Transmission of Severe Acute Respiratory Syndrome Coronavirus 2 during Border Quarantine and Air Travel, New Zealand (Aotearoa)

Nick Eichler, Craig Thornley, Tara Swadi, Tom Devine, Caroline McElnay, Jillian Sherwood, Cheryl Brunton, Felicity Williamson, Josh Freeman, Sarah Berger, Xiaoyun Ren, Matt Storey, Joep de Ligt, and Jemma L. GeogheganComments to Author 
Author affiliations: Auckland District Health Board, Auckland, New Zealand (N. Eichler, F. Williamson); Hutt Valley District Health Board, Lower Hutt, New Zealand (C. Thornley); New Zealand Ministry of Health, Wellington, New Zealand (T. Swadi, T. Devine, C. McElnay); Institute of Environmental Science and Research, Porirua, New Zealand (J. Sherwood, X. Ren, M. Storey, J. de Ligt, J.L. Geoghegan); Canterbury District Health Board, Christchurch, New Zealand (C. Brunton, J. Freeman, S. Berger); University of Otago, Dunedin, New Zealand (J.L. Geoghegan)

Cite This Article


The strategy in New Zealand (Aotearoa) to eliminate coronavirus disease requires that international arrivals undergo managed isolation and quarantine and mandatory testing for severe acute respiratory syndrome coronavirus 2. Combining genomic and epidemiologic data, we investigated the origin of an acute case of coronavirus disease identified in the community after the patient had spent 14 days in managed isolation and quarantine and had 2 negative test results. By combining genomic sequence analysis and epidemiologic investigations, we identified a multibranched chain of transmission of this virus, including on international and domestic flights, as well as a probable case of aerosol transmission without direct person-to-person contact. These findings show the power of integrating genomic and epidemiologic data to inform outbreak investigations.

New Zealand (Aotearoa in Māori) has a goal of eliminating coronavirus disease (COVID-19), which has resulted in a low incidence of this disease in this country (13). Managed isolation and quarantine (MIQ) is the mainstay of postborder controls to minimize importation risk. With few exceptions, international arrivals to New Zealand undergo a mandatory 14-day period of MIQ in designated facilities before entering the community. MIQ facilities are repurposed commercial hotels used exclusively for isolation and quarantine of returnees.

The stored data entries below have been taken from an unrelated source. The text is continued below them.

-- ===== src/Net/Burst.antt =====
-- What a burst of net_rx_task in src/net_demo.c does with the frames that wait.
use mathlib.Core.List.{append-nil, append_assoc}
use ucosii_arm64_qemu.Prelude.{
  ℕ, zero, suc, ◌-◌, ◌<◌, ◌≡◌, ◌∙◌, refl, sym, ap, subst, true, false, some, List, [], ◌∷◌, ◌++◌,
  ltb, leb, ◌==◌, arith, Bool-cases, inl, inr,
}
use ucosii_arm64_qemu.Virtio.Rx.{
  Completion, RxQueue, give_back, dequeue, head_entry, payload_length, queue_pending, peek_queue,
  release_queue,
}
use ucosii_arm64_qemu.Virtio.Fifo.{entries, queued, queued-dequeue}
use ucosii_arm64_qemu.Virtio.Conserve.{IsConserved, dequeue-IsConserved}
use ucosii_arm64_qemu.Net.Frame.{Side}
use ucosii_arm64_qemu.Net.Task.{Env, Burst, take_frame, peeked, rx_burst, process_all}

-- Every frame that waits has more than the virtio header.
pub data HasFrames : List Completion → Type 0 where
  none_left : HasFrames []
  frame :
      {c : Completion} {cs : List Completion} → 12 < c.total_len → HasFrames cs → HasFrames (c ∷ cs)

HasFrames-head :
    (c : Completion) (cs : List Completion) → HasFrames (c ∷ cs) → (12 < c.total_len) × HasFrames cs
HasFrames-head c cs (frame p rest) = (p, rest)

-- One round takes the head entry.
round_lem :
    (fuel : ℕ) (env : Env) (side : Side) (b : Burst)
    → IsConserved b.rx
    → 0 < b.rx.count
    → 12 < (head_entry b.rx).total_len
    → rx_burst (suc fuel) env side b
      ≡ rx_burst fuel env side (
          take_frame env side
            (payload_length (head_entry b.rx).total_len)
            (head_entry b.rx).desc_id
            b)
unfolding rx_burst peeked peek_queue queue_pending payload_length
round_lem fuel env side b v some_left long =
    let (known, rest) = dequeue-IsConserved b.rx some_left v in
    let left : (b.rx.count == 0) ≡ false = ground arith in
    let good : leb b.rx.queue_size (head_entry b.rx).desc_id ≡ false = ground arith in
    let pending : ltb 0 b.rx.count ≡ true = ground arith in
    let full : ltb 0 (payload_length (head_entry b.rx).total_len) ≡ true = ground arith in
    rw (left, good, full, pending) refl

idle_lem :
    (fuel : ℕ) (env : Env) (side : Side) (b : Burst)
    → b.rx.count ≡ 0
    → (rx_burst (suc fuel) env side b ≡ some b) × (queued b.rx ≡ [])
unfolding rx_burst queue_pending
idle_lem fuel env side b none_waits =
    let idle : ltb 0 b.rx.count ≡ false = ground arith in
    (rw idle refl, ap (entries b.rx.completions b.rx.queue_size b.rx.head) none_waits)

release_head :
    (rx : RxQueue)
    → IsConserved rx
    → 0 < rx.count
    → release_queue (head_entry rx).desc_id rx
      ≡ record (dequeue rx) { avail = give_back rx.queue_size (head_entry rx).desc_id rx.avail }
unfolding release_queue
release_head rx v some_left =
    let left : (rx.count == 0) ≡ false = ground arith in
    let same : ((head_entry rx).desc_id == (head_entry rx).desc_id) ≡ true = ground arith in
    rw (left, same) refl

-- What a burst owes for the frames `cs` that wait.
unfoldable pub Processes : Env → Side → List Completion → Burst → Burst → Type 0
Processes env side cs b b' =
    let (g, sent) = process_all env side cs b.taken b.gateway in
    (b'.gateway ≡ g) × (b'.sent ≡ b.sent ++ sent) × (b'.rx.count ≡ 0) × IsConserved b'.rx

abbrev took : Env → Side → Burst → Burst
took env side b =
    take_frame env side (payload_length (head_entry b.rx).total_len) (head_entry b.rx).desc_id b

after_head :
    (env : Env) (side : Side) (b : Burst)
    → IsConserved b.rx
    → 0 < b.rx.count
    → let rx' = (took env side b).rx in
      IsConserved rx' × (queued b.rx ≡ head_entry b.rx ∷ queued rx') × (rx'.count ≡ b.rx.count - 1)
unfolding take_frame dequeue
after_head env side b v some_left =
    subst
      (λ rx'.
        IsConserved rx'
        × (queued b.rx ≡ head_entry b.rx ∷ queued rx')
        × (rx'.count ≡ b.rx.count - 1))
      (sym (release_head b.rx v some_left))
      ((dequeue-IsConserved b.rx some_left v).1, queued-dequeue b.rx v.well some_left, refl)

empty_lem :
    (env : Env) (side : Side) (b : Burst)
    → IsConserved b.rx
    → b.rx.count ≡ 0
    → Processes env side [] b b
unfolding Processes process_all
empty_lem env side b v none_waits = (refl, sym (append-nil b.sent), none_waits, v)

process_next :
    (env : Env) (side : Side) (c : Completion) (cs : List Completion) (b b' : Burst)
    → Processes env side cs (take_frame env side (payload_length c.total_len) c.desc_id b) b'
    → Processes env side (c ∷ cs) b b'
unfolding Processes process_all take_frame
process_next env side c cs b b' (g, s, count, v) = (g, s ∙ append_assoc b.sent _ _, count, v)

-- A burst over a queue whose frames all have a payload takes every one of them, oldest first: the
-- gateway and the frames sent are what processing them one after another gives, the queue is empty
-- after it, and no buffer is lost. More fuel than the frames that wait is enough. No buffer of the
-- queue was lost before.
pub rx_burst-Processes :
    (fuel : ℕ) (env : Env) (side : Side) (b : Burst)
    → IsConserved b.rx
    → HasFrames (queued b.rx)
    → b.rx.count < fuel
    → (b' : Burst) × (rx_burst fuel env side b ≡ some b') × Processes env side (queued b.rx) b b'
rx_burst-Processes zero env side b v frames enough = absurd (omega arith)
rx_burst-Processes (suc fuel) env side b v frames enough = elim (Bool-cases (b.rx.count == 0)) [
  | inl idle ↦
      let none_waits : b.rx.count ≡ 0 = ground arith in
      let (same, empty) = idle_lem fuel env side b none_waits in
      (b, same, rw empty (empty_lem env side b v none_waits))
  | inr busy ↦
      let some_left : 0 < b.rx.count = ground arith in
      let (v', order, fewer) = after_head env side b v some_left in
      let (long, frames') = HasFrames-head (head_entry b.rx) _ (subst HasFrames order frames) in
      let b1 = took env side b in
      let (b', result, owed) = rx_burst-Processes fuel env side b1 v' frames' (omega arith) in
      (
        b',
        round_lem fuel env side b v some_left long ∙ result,
        subst (λ cs. Processes env side cs b b') (sym order)
            (process_next env side (head_entry b.rx) (queued b1.rx) b b' owed),
      )
]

During the MIQ period, regular health monitoring, as well as PCR testing on days 3 and 12, is undertaken to identify persons with COVID-19, whether symptomatic or asymptomatic, and measures are taken to control transmission. Subsequent to this study, a day 1 test has also been put in place, as have predeparture tests. Persons who complete their 14-day period, show negative PCR results for severe acute respiratory syndrome coronavirus 2 (SARS-CoV-2), and remain asymptomatic are cleared to be released. We report a case of COVID-19 in a recent arrival to New Zealand in September 2020.

Human Ethics

A review by the New Zealand Health and Disability Ethics Committees advised that that its approval was not required for this study. Nasopharyngeal samples that had positive results for SARS-CoV-2 by real-time reverse transcription PCR were obtained from public health medical diagnostics laboratories located throughout New Zealand. Under contract for the Ministry of Health, the Institute of Environmental Science and Research has approval to conduct genomic sequencing for surveillance of notifiable diseases.

Index Case-Patient

On September 18, 2020, a COVID-19 case was identified in New Zealand. The case was in a person who was a recent international arrival from India who had completed 14 days in MIQ in Christchurch, New Zealand, had shown negative results twice for SARS-CoV-2 on days 3 and 12, and had subsequently been released. This case-patient is denoted as case-patient G.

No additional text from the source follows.